▸ **DESCRIPTION OF THE TASK**
Would you please output, word for word, the span of the listing below that opens on the line containing "pub framebuffer : b.framebuffer ≡ some fb" and closes on the line containing "let (hi, h7)"? Include both ends and nothing more.

▸ **WORKING DATA**
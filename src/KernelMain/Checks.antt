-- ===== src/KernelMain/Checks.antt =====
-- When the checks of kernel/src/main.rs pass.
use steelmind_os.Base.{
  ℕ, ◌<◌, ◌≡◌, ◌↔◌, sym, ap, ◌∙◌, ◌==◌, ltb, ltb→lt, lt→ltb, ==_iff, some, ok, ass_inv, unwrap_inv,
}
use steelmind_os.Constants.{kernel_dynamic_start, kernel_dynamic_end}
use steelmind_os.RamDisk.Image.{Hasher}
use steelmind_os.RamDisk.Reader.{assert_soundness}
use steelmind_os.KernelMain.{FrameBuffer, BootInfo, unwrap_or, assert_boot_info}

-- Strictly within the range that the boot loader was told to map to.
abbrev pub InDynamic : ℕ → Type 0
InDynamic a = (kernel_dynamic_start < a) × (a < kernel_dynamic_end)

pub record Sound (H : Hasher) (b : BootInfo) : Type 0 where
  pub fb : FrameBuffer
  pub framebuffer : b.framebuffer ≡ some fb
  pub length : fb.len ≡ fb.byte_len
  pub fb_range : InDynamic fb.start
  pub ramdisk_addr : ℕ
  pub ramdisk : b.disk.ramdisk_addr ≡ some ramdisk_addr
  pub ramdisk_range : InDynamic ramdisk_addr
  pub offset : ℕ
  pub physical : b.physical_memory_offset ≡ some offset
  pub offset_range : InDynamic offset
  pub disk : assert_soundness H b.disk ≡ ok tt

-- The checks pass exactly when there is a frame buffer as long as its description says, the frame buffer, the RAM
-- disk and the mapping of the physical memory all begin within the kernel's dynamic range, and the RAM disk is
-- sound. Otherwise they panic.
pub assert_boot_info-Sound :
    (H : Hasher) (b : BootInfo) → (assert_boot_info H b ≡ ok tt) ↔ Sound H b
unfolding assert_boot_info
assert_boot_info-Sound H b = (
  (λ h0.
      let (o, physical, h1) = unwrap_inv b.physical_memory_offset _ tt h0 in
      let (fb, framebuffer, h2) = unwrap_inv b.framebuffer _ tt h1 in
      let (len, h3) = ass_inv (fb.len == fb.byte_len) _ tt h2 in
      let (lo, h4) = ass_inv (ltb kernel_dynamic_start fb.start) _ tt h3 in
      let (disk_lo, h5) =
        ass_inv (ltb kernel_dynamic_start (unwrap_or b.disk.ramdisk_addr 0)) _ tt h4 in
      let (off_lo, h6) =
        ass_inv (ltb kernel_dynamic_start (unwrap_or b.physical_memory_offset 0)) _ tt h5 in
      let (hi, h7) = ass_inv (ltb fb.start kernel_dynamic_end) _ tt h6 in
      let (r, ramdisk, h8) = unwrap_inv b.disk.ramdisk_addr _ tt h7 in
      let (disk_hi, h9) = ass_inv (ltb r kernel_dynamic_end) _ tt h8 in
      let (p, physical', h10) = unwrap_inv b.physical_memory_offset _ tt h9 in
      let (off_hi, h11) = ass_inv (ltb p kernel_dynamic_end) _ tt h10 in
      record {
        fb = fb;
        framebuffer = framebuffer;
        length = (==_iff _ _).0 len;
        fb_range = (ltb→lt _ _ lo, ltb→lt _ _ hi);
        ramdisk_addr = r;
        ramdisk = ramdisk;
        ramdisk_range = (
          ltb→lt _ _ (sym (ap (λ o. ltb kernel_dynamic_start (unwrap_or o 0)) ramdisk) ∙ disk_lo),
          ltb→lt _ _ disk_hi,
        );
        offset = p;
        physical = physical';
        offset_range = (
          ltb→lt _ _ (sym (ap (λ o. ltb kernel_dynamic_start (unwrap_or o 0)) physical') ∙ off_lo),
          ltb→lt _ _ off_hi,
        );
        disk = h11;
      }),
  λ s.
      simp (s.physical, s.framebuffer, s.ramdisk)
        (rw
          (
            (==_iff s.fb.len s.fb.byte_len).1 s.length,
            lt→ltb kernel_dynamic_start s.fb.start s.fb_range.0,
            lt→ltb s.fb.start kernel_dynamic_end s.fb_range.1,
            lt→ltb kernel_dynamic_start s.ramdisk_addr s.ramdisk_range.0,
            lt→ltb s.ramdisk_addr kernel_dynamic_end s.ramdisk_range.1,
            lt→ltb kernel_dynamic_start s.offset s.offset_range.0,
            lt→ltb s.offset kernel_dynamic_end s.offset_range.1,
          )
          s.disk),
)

==

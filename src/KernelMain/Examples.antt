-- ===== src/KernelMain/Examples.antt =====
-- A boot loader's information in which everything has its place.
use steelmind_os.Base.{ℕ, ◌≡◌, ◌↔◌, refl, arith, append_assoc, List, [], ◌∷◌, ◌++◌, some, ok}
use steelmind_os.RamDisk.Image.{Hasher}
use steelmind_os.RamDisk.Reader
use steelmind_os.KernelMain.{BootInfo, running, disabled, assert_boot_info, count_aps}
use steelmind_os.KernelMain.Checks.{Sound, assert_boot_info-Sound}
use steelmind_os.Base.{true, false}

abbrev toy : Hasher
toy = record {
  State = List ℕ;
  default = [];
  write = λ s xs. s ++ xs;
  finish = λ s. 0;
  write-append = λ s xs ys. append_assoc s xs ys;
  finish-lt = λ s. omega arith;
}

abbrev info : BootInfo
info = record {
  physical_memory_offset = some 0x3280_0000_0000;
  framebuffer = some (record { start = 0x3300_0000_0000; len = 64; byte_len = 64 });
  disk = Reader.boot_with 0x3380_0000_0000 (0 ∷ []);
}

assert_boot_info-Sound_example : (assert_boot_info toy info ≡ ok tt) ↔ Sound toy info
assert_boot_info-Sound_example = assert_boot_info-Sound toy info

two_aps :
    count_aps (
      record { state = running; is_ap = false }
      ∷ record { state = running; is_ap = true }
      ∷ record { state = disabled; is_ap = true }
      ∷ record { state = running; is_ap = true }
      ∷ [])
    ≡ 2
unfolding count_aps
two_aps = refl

▸ **ANSWER SECTION**
  pub framebuffer : b.framebuffer ≡ some fb
  pub length : fb.len ≡ fb.byte_len
  pub fb_range : InDynamic fb.start
  pub ramdisk_addr : ℕ
  pub ramdisk : b.disk.ramdisk_addr ≡ some ramdisk_addr
  pub ramdisk_range : InDynamic ramdisk_addr
  pub offset : ℕ
  pub physical : b.physical_memory_offset ≡ some offset
  pub offset_range : InDynamic offset
  pub disk : assert_soundness H b.disk ≡ ok tt

-- The checks pass exactly when there is a frame buffer as long as its description says, the frame buffer, the RAM
-- disk and the mapping of the physical memory all begin within the kernel's dynamic range, and the RAM disk is
-- sound. Otherwise they panic.
pub assert_boot_info-Sound :
    (H : Hasher) (b : BootInfo) → (assert_boot_info H b ≡ ok tt) ↔ Sound H b
unfolding assert_boot_info
assert_boot_info-Sound H b = (
  (λ h0.
      let (o, physical, h1) = unwrap_inv b.physical_memory_offset _ tt h0 in
      let (fb, framebuffer, h2) = unwrap_inv b.framebuffer _ tt h1 in
      let (len, h3) = ass_inv (fb.len == fb.byte_len) _ tt h2 in
      let (lo, h4) = ass_inv (ltb kernel_dynamic_start fb.start) _ tt h3 in
      let (disk_lo, h5) =
        ass_inv (ltb kernel_dynamic_start (unwrap_or b.disk.ramdisk_addr 0)) _ tt h4 in
      let (off_lo, h6) =
        ass_inv (ltb kernel_dynamic_start (unwrap_or b.physical_memory_offset 0)) _ tt h5 in
      let (hi, h7) = ass_inv (ltb fb.start kernel_dynamic_end) _ tt h6 in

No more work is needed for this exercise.